McWilliams aficionados in New York would say, correctly, that his legacy at The Nation
is very significant, but I think his reputation now is mostly based on his books, almost all of which he wrote while living in Los Angeles. Their influence still registers in Chicano studies, urban planning, and labor history, for example, but his general approach to California and its history, especially his exceptionalist account of the state and its development, has probably left the deepest impression.
He influenced a long list of writers and scholars. Patricia Nelson Limerick, a leading historian of the American West, has acknowledged his influence on her work. He’s also an indispensable source for California writers like Kevin Starr, Mike Davis, Peter Schrag, and Lou Cannon. During the 1990s, McWilliams’s critical fortunes began to improve after Starr, Limerick, and Davis pointed out his achievements. He also influenced a generation of activists, including Cesar Chavez. But I’ve found that the fastest way to get McWilliams onto someone’s cultural radar is to mention that his work inspired Robert Towne’s screenplay for Chinatown
. 7. McWilliams was editor of The Nation for over twenty years. What was his greatest influence there? How did he change or affect what the magazine had to say?
Probably his chief contribution was to make The Nation
a forum for investigative journalism as well as a journal of opinion. In the 1950s, he was keeping the muckraking tradition alive almost single-handedly. McWilliams also shepherded the magazine though the McCarthy period, when it came under attack from neoconservatives and anti-Communist liberals like Arthur Schlesinger Jr. Several of his friends committed suicide during that time, but McWilliams showed a lot of cool resolve. As Studs Terkel said later, you had to credit McWilliams not only for his prescience, but also for his guts. 8. McWilliams loved California. What was it about that state that he found particularly inspiring or worth writing about?
As a young man, McWilliams hated Los Angeles, which he regarded as a shapeless blob, “hopelessly vulgar,” promoted relentlessly by a class of swindling boosters. All true, of course, but in the end, Southern California worked its charms on him. He admired its energy, its freewheeling quality, its diversity, and its ability to reinvent itself. He later attributed those qualities to the state as a whole and traced most of them to a Gold Rush mentality.

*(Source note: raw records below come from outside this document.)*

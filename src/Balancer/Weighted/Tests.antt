-- ===== src/Balancer/Weighted/Tests.antt =====
-- A round of weighted round robin over two candidates.
use way_balancer.Base.{◌≡◌, refl, false, List, [], ◌∷◌, none, arith}
use way_balancer.Base.Order.{list_ord, nat_ord, pair_ord}
use way_balancer.Base.Map.{lookup}
use way_balancer.Health.Queries.{EndpointSelectionCandidate}
use way_balancer.Balancer.{flag_ord}
use way_balancer.Balancer.Samples.{candidate_in}
use way_balancer.Balancer.Weighted.{total_of, weight_of}
use way_balancer.Balancer.Weighted.Turns.{IsDistinct}
use way_balancer.Balancer.Weighted.Rounds.{served, served_by_weight}

abbrev heavy : EndpointSelectionCandidate
heavy = record (candidate_in 97 none) {
  health = record ((candidate_in 97 none).health) { effective_weight = 3 };
}

abbrev uneven : List EndpointSelectionCandidate
uneven = heavy ∷ candidate_in 98 none ∷ []

uneven-IsDistinct : IsDistinct uneven
uneven-IsDistinct = (refl, (refl, tt))

uneven_total : total_of uneven ≡ 4
unfolding total_of
uneven_total = refl

served_by_weight_example :
    served heavy.endpoint_id (total_of uneven) [] heavy.cluster_name uneven false ≡ weight_of heavy
unfolding lookup
served_by_weight_example =
    served_by_weight [] heavy.cluster_name uneven false uneven-IsDistinct
      (omega (arith, uneven_total)) refl 0 heavy refl
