-- ===== src/Failure.antt =====
-- crates/runtime/src/failure_management.rs: the errors and failure classes that retry budgets,
-- timeouts and the circuit breaker share. Each of the three is a child module, and Manager composes
-- them.
pub mod Timeout
pub mod Retry
pub mod Breaker
pub mod Manager
use way_balancer.Base.{Bool, true, false}

pub data FailureManagementError : Type 0 where
  zero_retry_window zero_timeout invalid_timeout_order invalid_breaker_threshold :
      FailureManagementError

pub data UpstreamFailureClass : Type 0 where
  connect timeout overloaded temporary permanent : UpstreamFailureClass

abbrev pub is_retryable : UpstreamFailureClass → Bool
is_retryable UpstreamFailureClass.permanent = false
is_retryable _ = true

abbrev pub counts_toward_breaker : UpstreamFailureClass → Bool
counts_toward_breaker UpstreamFailureClass.permanent = false
counts_toward_breaker _ = true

Another thing he appreciated about California was its position on the Pacific Rim. He recognized the enormous importance of that single physical fact and its implications for world trade. He was a big believer in “the authority of the land,” and he understood the full value of natural resources, especially water. He was a kind of proto-environmentalist in that way. 9. What are some of the ways California has changed that McWilliams would find either provoking or worth writing about today?
I think he would see the Schwarzenegger phenomenon as fresh evidence of good old California exceptionalism. The electricity crisis a few years back would have confirmed his suspicions about market forces run amok. And he would find ample evidence for his prediction that Latinos would reclaim California without firing a shot.